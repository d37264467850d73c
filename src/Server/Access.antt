-- ===== src/Server/Access.antt =====
-- The hook that authenticates a request and the routes that show one session: `onRequest`,
-- `authenticatePartnerRequest` and `/sessions/:sessionId` with what stands below it, with and without
-- `/v1`. A summary that is parsed before it is sent has the fields of a stored session, which the schema
-- has accepted.
pub mod Laws
mod Tests
use base_layer.Base.{
  ℕ, Bool, true, false, ◌&&◌, ◌||◌, not, Option, none, some, List, [], String, truthy, codes,
  starts_with, if◌then◌else◌, Result, ok, err,
}
use base_layer.Types.{
  SessionRecord, SessionMetrics, SessionLogSnapshot, SessionEventRecord, SessionStatus, HostRecord,
  RuntimeKind, BrowserKind, LaunchTiming, ControlPlaneTiming, ProviderSessionMetadata,
  ProviderSessionTags, same_status, running, failed, from_control_plane,
}
use base_layer.Types.Platform.{Platform}
use base_layer.Partner.{PartnerAuthContext, can_partner_access_session}
use base_layer.Partner.Headers.{Headers}
use base_layer.Partner.Keys.{ProviderApiKeyStore, required, authenticate}
use base_layer.Scheduler.{coalesce}
use base_layer.Store.File.{ControlPlaneStore}
use base_layer.Store.Reads.{get_session, get_session_events, get_host}
use base_layer.Server.Handler.{Handler, ◌>>=◌, ◌>>◌, pure, await}
use base_layer.Server.Report.{is_terminal_status}

pub record SessionResult : Type 0 where
  pub exit_reason : Option String
  pub crashed : Bool

pub record SessionMetricsSummary : Type 0 where
  pub session_id : String
  pub status : SessionStatus
  pub browser : BrowserKind
  pub host_id : String
  pub runtime_kind : RuntimeKind
  pub runtime_profile : Option String
  pub region : Option String
  pub proxy_profile : Option String
  pub provider : Option ProviderSessionMetadata
  pub session_tags : Option ProviderSessionTags
  pub created_at : ℕ
  pub expires_at : ℕ
  pub ended_at : Option ℕ
  pub launch_timings : Option LaunchTiming
  pub control_plane_timings : Option ControlPlaneTiming
  pub recent_logs : Option SessionLogSnapshot
  pub usage : Option SessionMetrics
  pub result : Option SessionResult

-- Without the texts that are the same for every session, and the URL of the logs.
pub record SessionArtifacts : Type 0 where
  pub session_id : String
  pub status : SessionStatus
  pub runtime_kind : RuntimeKind
  pub connect_url : String
  pub cdp_url : String
  pub playwright_url : String
  pub puppeteer_url : String
  pub debug_http_url : String

-- The body of an answer.
pub data Shown : Type 0 where
  nothing : Shown
  whole : SessionRecord → Shown
  summary : SessionMetricsSummary → Shown
  events : String → List SessionEventRecord → Shown
  artifacts : SessionArtifacts → Shown
  logs : String → SessionStatus → SessionLogSnapshot → Shown

pub record Answer : Type 0 where
  pub status : ℕ
  pub shown : Shown

abbrev pub refused : ℕ → Answer
refused status = record { status = status; shown = nothing }

abbrev pub shows : Shown → Answer
shows shown = record { status = 200; shown = shown }

-- What the hook does with a request: it answers, or hands it on with the key's scope.
pub data Hook : Type 0 where
  answers : ℕ → Hook
  proceeds : Option PartnerAuthContext → Hook

-- `request.url.startsWith("/v1")`
unfoldable pub is_v1 : String → Bool
unfolding starts_with
is_v1 url = starts_with (codes url) (codes "/v1")

-- What `authenticatePartnerRequest` returns: none also where it has sent 401.
unfoldable pub authenticate_partner_request :
    ProviderApiKeyStore → String → Headers → Option PartnerAuthContext
authenticate_partner_request keys url headers =
    if not (is_v1 url)
    then none
    else if not (required keys)
    then none
    else authenticate keys headers

abbrev hook_result : Bool → Option PartnerAuthContext → Hook
hook_result must_have none = if must_have then answers 401 else proceeds none
hook_result must_have (some auth) = proceeds (some auth)

-- The hook `onRequest`.
unfoldable pub on_request : Bool → ProviderApiKeyStore → String → Headers → Hook
unfolding authenticate_partner_request
on_request public_only_v1 keys url headers =
    if public_only_v1 && not (is_v1 url)
    then answers 404
    else hook_result (required keys && is_v1 url) (authenticate_partner_request keys url headers)

abbrev result_of : SessionRecord → Option SessionResult
result_of session =
    if truthy session.exit_reason || is_terminal_status session.status
    then some
        (record { exit_reason = session.exit_reason; crashed = same_status session.status failed })
    else none

unfoldable pub build_session_metrics_summary : SessionRecord → SessionMetricsSummary
unfolding is_terminal_status
build_session_metrics_summary session = record {
  session_id = session.session_id;
  status = session.status;
  browser = session.browser;
  host_id = session.host_id;
  runtime_kind = session.runtime_kind;
  runtime_profile = session.runtime_profile;
  region = session.region;
  proxy_profile = session.proxy_profile;
  provider = session.provider;
  session_tags = session.session_tags;
  created_at = session.created_at;
  expires_at = session.expires_at;
  ended_at = session.ended_at;
  launch_timings = session.launch_timings;
  control_plane_timings = session.control_plane_timings;
  recent_logs = session.recent_logs;
  usage = session.last_known_metrics;
  result = result_of session;
}

unfoldable pub session_artifacts : SessionRecord → SessionArtifacts
session_artifacts session = record {
  session_id = session.session_id;
  status = session.status;
  runtime_kind = session.runtime_kind;
  connect_url = session.connect_url;
  cdp_url = session.cdp_url;
  playwright_url = session.playwright_url;
  puppeteer_url = session.puppeteer_url;
  debug_http_url = session.debug_http_url;
}

-- Which of the routes below a session is asked for.
pub data View : Type 0 where
  session_view metrics_view events_view artifacts_view logs_view : View

-- The clock, what the node agent answers where it is asked for logs (an error counts as none), and what
-- others do meanwhile.
pub record ReadRun : Type 0 where
  pub now : ℕ
  pub remote_logs : HostRecord → Option SessionLogSnapshot
  pub others : ControlPlaneStore → ControlPlaneStore

module _ (platform : Platform) (run : ReadRun) where
  abbrev empty_logs : SessionLogSnapshot
  empty_logs = record { source = from_control_plane; captured_at = run.now; lines = [] }

  abbrev send_logs : String → SessionRecord → Option SessionLogSnapshot → Handler Answer
  send_logs id session none = pure (shows (logs id session.status empty_logs))
  send_logs id session (some found) = pure (shows (logs id session.status found))

  abbrev logs_from : String → SessionRecord → Option HostRecord → Handler Answer
  logs_from id session none = send_logs id session session.recent_logs
  logs_from id session (some host) = do
    await run.others
    send_logs id session (coalesce (run.remote_logs host) session.recent_logs)

  unfoldable pub session_logs : String → SessionRecord → Handler Answer
  session_logs id session =
      if same_status session.status running
      then get_host platform run.now session.host_id >>= logs_from id session
      else send_logs id session session.recent_logs

  -- What a route does with the session that it has found and may show.
  unfoldable pub view_of : View → String → SessionRecord → Handler Answer
  unfolding build_session_metrics_summary session_artifacts session_logs
  view_of session_view id session = pure (shows (whole session))
  view_of metrics_view id session = pure (shows (summary (build_session_metrics_summary session)))
  view_of events_view id session = do
    found ← get_session_events platform id
    pure (shows (events id found))
  view_of artifacts_view id session = pure (shows (artifacts (session_artifacts session)))
  view_of logs_view id session = session_logs id session

  abbrev pub shown_to :
      Option PartnerAuthContext → View → String → Option SessionRecord → Handler Answer
  shown_to auth view id none = pure (refused 404)
  shown_to auth view id (some session) =
      if not (can_partner_access_session session auth)
      then pure (refused 404)
      else view_of view id session

  -- `GET /v1/sessions/:sessionId…`
  unfoldable pub read_v1_session : Option PartnerAuthContext → View → String → Handler Answer
  unfolding view_of
  read_v1_session auth view id = get_session platform id >>= shown_to auth view id

  abbrev found_or_404 : View → String → Option SessionRecord → Handler Answer
  found_or_404 view id none = pure (refused 404)
  found_or_404 view id (some session) = view_of view id session

  -- `GET /sessions/:sessionId…`
  unfoldable pub read_session : View → String → Handler Answer
  unfolding view_of
  read_session view id = get_session platform id >>= found_or_404 view id

  abbrev pub after_hook : Hook → View → String → Handler Answer
  after_hook (answers status) view id = pure (refused status)
  after_hook (proceeds auth) view id = read_v1_session auth view id

  -- A request of one of the routes under `/v1`, with its hook.
  unfoldable pub serve_v1_session :
      Bool → ProviderApiKeyStore → String → Headers → View → String → Handler Answer
  unfolding on_request read_v1_session
  serve_v1_session public_only_v1 keys url headers view id =
      after_hook (on_request public_only_v1 keys url headers) view id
== == ==
Your reply must contain exactly the lines from the first line of the data through the line holding "with and without", and nothing more.

● SOLVED PROBLEM:
repository d37264467850d73c
filename src/Server/Access.antt
-- ===== src/Server/Access.antt =====
-- The hook that authenticates a request and the routes that show one session: `onRequest`,
-- `authenticatePartnerRequest` and `/sessions/:sessionId` with what stands below it, with and without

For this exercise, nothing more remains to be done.